----- PROVIDED RECORDS -----
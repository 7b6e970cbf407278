-- ===== src/Connection/Kept/Input.antt =====
-- `poll_input` keeps what is kept.
use cobs_io_async_rs.Codec.Decode.{Decoded, decode_to_slice}
use cobs_io_async_rs.Connection.Input.{
  on_decoded, process_frame, keep_partial, remove_frame, take_frame, process_loop, process_input,
  position_zero, received, poll_input, spend_allowance,
}
use cobs_io_async_rs.Connection.Kept.{IsInputKept}
use cobs_io_async_rs.Connection.State.{Reliable, Outcome}
use cobs_io_async_rs.Prelude.Exec.Ensures.{
  Ensures, bind-Ensures, slice_to-Ensures, slice_from-Ensures, Ensures-any,
}
use cobs_io_async_rs.Prelude.Exec.Holds.{if-Holds}
use cobs_io_async_rs.Prelude.Exec.{ret, ◌>>=◌, slice_to, slice_from, copy_at}
use cobs_io_async_rs.Prelude.{
  ℕ, zero, suc, ◌+◌, ◌-◌, ◌≡◌, min, ◌++◌, Option, none, some, Result, ok, err, length, take, drop,
  ltb, ◌==◌, ◌||◌, true,
}
use cobs_io_async_rs.Transport.{Waker, Poll, ready, pending, Transport}

module _ {T C E : Type 0} (link : Transport T E) (capacity : ℕ) (P : Reliable T C E → Type 0)
    (k : IsInputKept link capacity P) where
  abbrev Out : Outcome T C E → Type 0
  Out (c, r) = P c

  on_decoded_kept : (r : Decoded) (c : Reliable T C E) → P c → Ensures P (on_decoded capacity r c)
  unfolding on_decoded
  on_decoded_kept (err e) c v = v
  on_decoded_kept (ok f) c v =
      bind-Ensures (λ b. b ≡ take f.len c.scratch) P (slice_to c.scratch f.len) _
        (slice_to-Ensures c.scratch f.len) (λ bytes e. k.handled bytes c v)

  process_frame_kept :
      (end_idx : ℕ) (c : Reliable T C E) → P c → Ensures P (process_frame capacity end_idx c)
  unfolding process_frame
  process_frame_kept end_idx c v =
      bind-Ensures (λ b. b ≡ take (end_idx + 1) c.rx_buf) P (slice_to c.rx_buf (end_idx + 1)) _
        (slice_to-Ensures c.rx_buf (end_idx + 1))
        (λ encoded e.
          let d = decode_to_slice encoded c.scratch in
          on_decoded_kept d.1 (record c { scratch = d.0 })
            (k.buffers c c.final_input c.rx_buf c.rx_len c.rx_discarding d.0 v))

  take_frame_kept :
      (end_idx : ℕ) (c : Reliable T C E) → P c → Ensures P (take_frame capacity end_idx c)
  unfolding take_frame
  take_frame_kept end_idx c v =
      if-Holds (Ensures P) c.rx_discarding
        (λ e. k.buffers c c.final_input c.rx_buf c.rx_len _ c.scratch v)
        (λ e. if-Holds (Ensures P) (ltb 0 end_idx) (λ e. process_frame_kept end_idx c v) (λ e. v))

  remove_frame_kept :
      (end_idx : ℕ) (c : Reliable T C E) → P c → Ensures P (remove_frame capacity end_idx c)
  unfolding remove_frame
  remove_frame_kept end_idx c v =
      bind-Ensures (λ b. b ≡ take c.rx_len c.rx_buf) P (slice_to c.rx_buf c.rx_len) _
        (slice_to-Ensures c.rx_buf c.rx_len)
        (λ b e.
          bind-Ensures (λ r. r ≡ drop (end_idx + 1) b) P (slice_from b (end_idx + 1)) _
            (slice_from-Ensures b (end_idx + 1))
            (λ r e'.
              bind-Ensures (λ x. Unit {0}) P (copy_at c.rx_buf 0 r) _
                (Ensures-any (copy_at c.rx_buf 0 r))
                (λ x e''.
                  k.buffers c c.final_input x (c.rx_len - (end_idx + 1)) c.rx_discarding c.scratch
                    v)))

  keep_partial_kept : (c : Reliable T C E) → P c → P (keep_partial capacity c)
  unfolding keep_partial
  keep_partial_kept c v =
      if-Holds P (c.rx_discarding || c.rx_len == capacity)
        (λ e. k.buffers c c.final_input c.rx_buf 0 true c.scratch v) (λ e. v)

  process_round_kept :
      (fuel : ℕ) (c : Reliable T C E) (p : Option ℕ)
      → P c
      → ((c' : Reliable T C E) → P c' → Ensures P (process_loop capacity fuel c'))
      → Ensures P (elim p [
        | none ↦ ret (keep_partial capacity c)
        | some end_idx ↦ (do
          c ← take_frame capacity end_idx c
          c ← remove_frame capacity end_idx c
          process_loop capacity fuel c)
      ])
  process_round_kept fuel c none v next = keep_partial_kept c v
  process_round_kept fuel c (some end_idx) v next =
      bind-Ensures P P (take_frame capacity end_idx c) _ (take_frame_kept end_idx c v) (λ c1 v1.
        bind-Ensures P P (remove_frame capacity end_idx c1) _ (remove_frame_kept end_idx c1 v1)
          (λ c2 v2. next c2 v2))

  pub process_loop_kept :
      (fuel : ℕ) (c : Reliable T C E) → P c → Ensures P (process_loop capacity fuel c)
  unfolding process_loop
  process_loop_kept zero c v = tt
  process_loop_kept (suc fuel) c v =
      bind-Ensures (λ b. b ≡ take c.rx_len c.rx_buf) P (slice_to c.rx_buf c.rx_len) _
        (slice_to-Ensures c.rx_buf c.rx_len)
        (λ b e. process_round_kept fuel c (position_zero b) v (process_loop_kept fuel))

  received_kept :
      (n : ℕ) (c : Reliable T C E) (p : Poll (Result ℕ E))
      → P c
      → Ensures Out (received capacity link n c p)
  unfolding received process_input
  received_kept n c pending v = v
  received_kept n c (ready (err e)) v = v
  received_kept n c (ready (ok zero)) v = v
  received_kept n c (ready (ok (suc j))) v =
      let len = c.rx_len + min (suc j) n in
      let left = spend_allowance (min (suc j) n) c.final_input in
      bind-Ensures P Out
        (process_loop capacity (len + 1) (record c { rx_len = len; final_input = left })) _
        (process_loop_kept (len + 1) _ (k.buffers c left c.rx_buf len c.rx_discarding c.scratch v))
        (λ c' v'. v')

  pub poll_input_kept :
      (cx : Waker) (budget : ℕ) (c : Reliable T C E)
      → P c
      → Ensures (λ r. Out r.1) (poll_input capacity link cx budget c)
  unfolding poll_input
  poll_input_kept cx zero c v = v
  poll_input_kept cx (suc left) c v =
      bind-Ensures (λ b. b ≡ drop c.rx_len c.rx_buf) (λ r. Out r.1) (slice_from c.rx_buf c.rx_len) _
        (slice_from-Ensures c.rx_buf c.rx_len)
        (λ free e.
          let t = link.poll_read c.transport cx free in
          let buf = take c.rx_len c.rx_buf ++ t.1 in
          bind-Ensures Out (λ r. Out r.1)
            (received capacity link (length t.1) (record c { transport = t.0; rx_buf = buf }) t.2) _
            (received_kept (length t.1) _ t.2 (
              k.buffers (record c { transport = t.0 }) c.final_input buf c.rx_len c.rx_discarding
                c.scratch (k.reads_from c cx free v)))
            (λ o v'. v'))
-----
• WORK TO COMPLETE
Return all lines from the data above with "length" in them.

• ANSWER TO THIS EXERCISE
  ℕ, zero, suc, ◌+◌, ◌-◌, ◌≡◌, min, ◌++◌, Option, none, some, Result, ok, err, length, take, drop,
            (received capacity link (length t.1) (record c { transport = t.0; rx_buf = buf }) t.2) _
            (received_kept (length t.1) _ t.2 (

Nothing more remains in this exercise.